INSTRUCTIONS FOR THE TASK: Find the word "String" in the data. Return every line where it appears.

== Segment start ==

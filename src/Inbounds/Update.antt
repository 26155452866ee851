-- ===== src/Inbounds/Update.antt =====
-- UpdateInbound: the row that it writes, and its dry run.
use nexcore_x_ui.Prelude.{
  ℕ, Bool, true, false, ◌&&◌, ◌≡◌, refl, sym, ◌∙◌, ap, ap₂, List, [], ◌∷◌, arith, update_rows,
  if◌then◌else◌, inl, inr, ◌⊎◌, Bool-cases, ◌==◌, ==_iff, ltb, Memᴰ, All-of_mem, all_of_mem,
  any_of_mem, mem_of_select, distinct-eq, update_rows_eq,
}
use Prim.Native.String
use nexcore_x_ui.Prelude.Text.{decimal}
use nexcore_x_ui.Exec.{Exec, Result, ok, ◌>>=◌, when, bind-eq-ok, inbound_not_found}
use nexcore_x_ui.Model.{Inbound, InboundConfig}
use nexcore_x_ui.Table.Schemas.{Tables, Panel}
use nexcore_x_ui.Panel.{find_inbounds, save_inbound, first_or}
use nexcore_x_ui.Panel.Effects.{find_inbounds-ok, store_inbounds-ok}
use nexcore_x_ui.Inbounds.{
  Net, check_inbound, get_inbound, merged, dry_run_with, update_inbound, candidate_configs,
  with_replacement, sync_embedded_client_traffics,
}
use nexcore_x_ui.Inbounds.Frames.{check_inbound-ok, when_dry_run-ok, sync_embedded-inbounds}

-- The request, as the row of `q`: its tag names the port, and the id, the owner and the outbound tag are q's.
abbrev pub requested : Inbound → Inbound → Inbound
requested i q = record i {
  id = q.id;
  user_id = q.user_id;
  outbound_tag = q.outbound_tag;
  tag = String.◌++◌ "inbound-" (decimal i.port);
}

merged-requested : (i q : Inbound) → merged q i ≡ requested i q
unfolding merged
merged-requested i q = refl

abbrev same_id : Inbound → Inbound → Bool
same_id a b = a.id == b.id

id_comm : (a b : Inbound) → same_id a b ≡ same_id b a
id_comm a b = ground arith

with_replacement-old :
    (r : Inbound) (rows : List Inbound)
    → ltb 0 r.id ≡ true
    → with_replacement r rows ≡ update_rows (λ q. q.id == r.id) (λ _. r) rows
unfolding with_replacement
with_replacement-old r [] h = ground arith
with_replacement-old r (q ∷ rows) h =
    ap₂ ◌∷◌ (ap (λ b. if b && q.id == r.id then r else q) h) (with_replacement-old r rows h)

module _ (g : Tables) (net : Net) (accepts : List InboundConfig → Bool) where
  first_or-ok :
      (rows : List Inbound) (s : Panel g) {old : Inbound} {t : Panel g}
      → first_or g inbound_not_found rows s ≡ (ok old, t)
      → Memᴰ old rows × (t ≡ s)
  first_or-ok [] s h = cc
  first_or-ok (r ∷ rows) s h = (Memᴰ.head (cc h), cc h)

  get_inbound-ok :
      (id : ℕ) (s : Panel g) {old : Inbound} {t : Panel g}
      → get_inbound g net accepts id s ≡ (ok old, t)
      → Memᴰ old (g.inbounds.rows s.inbounds) × (old.id ≡ id) × (t ≡ s)
  unfolding get_inbound
  get_inbound-ok id s {old} {t} h =
      let (rows, u, found, rest) =
        bind-eq-ok (find_inbounds g (λ r. r.id == id)) (first_or g inbound_not_found) s h in
      let (listed, same) = find_inbounds-ok g (λ r. r.id == id) s found in
      let (first, kept) = first_or-ok rows u rest in
      let (here, named) =
        mem_of_select (λ r. r.id == id) (g.inbounds.rows s.inbounds) (rw listed at first) in
      (here, (==_iff old.id id).0 named, kept ∙ same)

  -- The UPDATE of the loaded row, as one of every row that has the id.
  merged-rows :
      (s : Panel g) (i old : Inbound)
      → Memᴰ old (g.inbounds.rows s.inbounds)
      → old.id ≡ i.id
      → update_rows (λ q. q.id == old.id) (λ _. merged old i) (g.inbounds.rows s.inbounds)
        ≡ update_rows (λ q. q.id == i.id) (requested i) (g.inbounds.rows s.inbounds)
  merged-rows s i old m named =
      let rows = g.inbounds.rows s.inbounds in
      update_rows_eq (λ q. q.id == old.id) (λ q. q.id == i.id) (λ _. merged old i) (requested i)
        rows
        (All-of_mem rows λ q n. elim (Bool-cases (q.id == old.id)) [
          | inl same ↦
              (let one : q ≡ old =
                  distinct-eq same_id id_comm rows
                    (ground (arith, g.inbounds.keys_unique s.inbounds)) m n (ground arith) in
                rw (same, (==_iff q.id i.id).1 ((==_iff q.id old.id).0 same ∙ named))
                  (ap (λ r. merged r i) (sym one) ∙ merged-requested i q))
          | inr differs ↦
              (let apart : (q.id == i.id) ≡ false = ground arith in rw (differs, apart) refl)
        ])

  -- A successful update_inbound writes the request over the row that has its id and leaves the other
  -- inbounds alone; the row keeps its id, its owner and its outbound tag, its tag is "inbound-" and the
  -- new port, and every other field is the request's. If the request is enabled, Xray accepts the config of the enabled inbounds that are then in the database.
  pub update_inbound-rows :
      (i : Inbound) (s : Panel g) {t : Panel g}
      → update_inbound g net accepts i s ≡ (ok tt, t)
      → (g.inbounds.rows t.inbounds
          ≡ update_rows (λ q. q.id == i.id) (requested i) (g.inbounds.rows s.inbounds))
        × ((i.enable ≡ false) ⊎ (accepts (candidate_configs (g.inbounds.rows t.inbounds)) ≡ true))
  unfolding update_inbound merged
  update_inbound-rows i s {t} h =
      let write : Inbound → Exec (Panel g) (Unit {0}) = λ old.
        save_inbound g (merged old i) >>= λ _.
        sync_embedded_client_traffics g net accepts (merged old i) in
      let dry : Inbound → Exec (Panel g) (Unit {0}) =
        λ old. when i.enable (dry_run_with g net accepts (merged old i)) >>= λ _. write old in
      let (_, u, checked, rest) =
        bind-eq-ok (check_inbound g net accepts i i.id)
          (λ _. get_inbound g net accepts i.id >>= dry) s h in
      let (same_u, clear) = check_inbound-ok g net accepts i i.id s checked in
      let (old, v, got, rest₁) = bind-eq-ok (get_inbound g net accepts i.id) dry u rest in
      let (here, named, same_v) = get_inbound-ok i.id u got in
      let (_, w, ran, rest₂) =
        bind-eq-ok (when i.enable (dry_run_with g net accepts (merged old i))) (λ _. write old) v
          rest₁ in
      let (same_w, fine) = when_dry_run-ok g net accepts i.enable (merged old i) v ran in
      let (k, x, saved, synced) =
        bind-eq-ok (save_inbound g (merged old i))
          (λ _. sync_embedded_client_traffics g net accepts (merged old i)) w rest₂ in
      let (tab, stored, same_x) =
        store_inbounds-ok g (g.inbounds.save (merged old i) w.inbounds) w saved in
      let rows = g.inbounds.rows s.inbounds in
      let at_s : Memᴰ old rows = rw (← same_u) here in
      let start : w ≡ s = same_w ∙ same_v ∙ same_u in
      let positive : ltb 0 old.id ≡ true =
        all_of_mem (λ (r : Inbound). ltb 0 r.id) rows (g.inbounds.keys_positive s.inbounds) at_s in
      let at_w : Memᴰ old (g.inbounds.rows w.inbounds) = rw start at_s in
      let written =
        g.inbounds.save-rows_old (merged old i) w.inbounds (λ zero_id. ground arith)
          (any_of_mem (λ (q : Inbound). q.id == old.id) (g.inbounds.rows w.inbounds) at_w
            ((==_iff old.id old.id).1 refl))
          stored in
      let kept : t.inbounds ≡ x.inbounds =
        sym (ap (λ (r : Result (Unit {0}) × Panel g). r.1.inbounds) synced)
        ∙ sync_embedded-inbounds g net accepts (merged old i) x in
      let replaced : g.inbounds.rows t.inbounds
          ≡ update_rows (λ q. q.id == old.id) (λ _. merged old i) rows =
        ap g.inbounds.rows (kept ∙ ap (λ (q : Panel g). q.inbounds) same_x)
        ∙ written
        ∙ ap
            (λ (q : Panel g).
              update_rows (λ r. r.id == old.id) (λ _. merged old i) (g.inbounds.rows q.inbounds))
            start in
      (
        replaced ∙ merged-rows s i old at_s named,
        elim (Bool-cases i.enable) [
          | inl on ↦ inr (
              ap (λ l. accepts (candidate_configs l))
                (replaced ∙ sym (with_replacement-old (merged old i) rows positive))
              ∙ ap
                  (λ (q : Panel g). accepts (
                    candidate_configs
                      (with_replacement (merged old i) (g.inbounds.rows q.inbounds))))
                  (sym (same_v ∙ same_u))
              ∙ fine on)
          | inr off ↦ inl off
        ],
      )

== Segment end ==

EXERCISE OUTPUT:
use Prim.Native.String
  tag = String.◌++◌ "inbound-" (decimal i.port);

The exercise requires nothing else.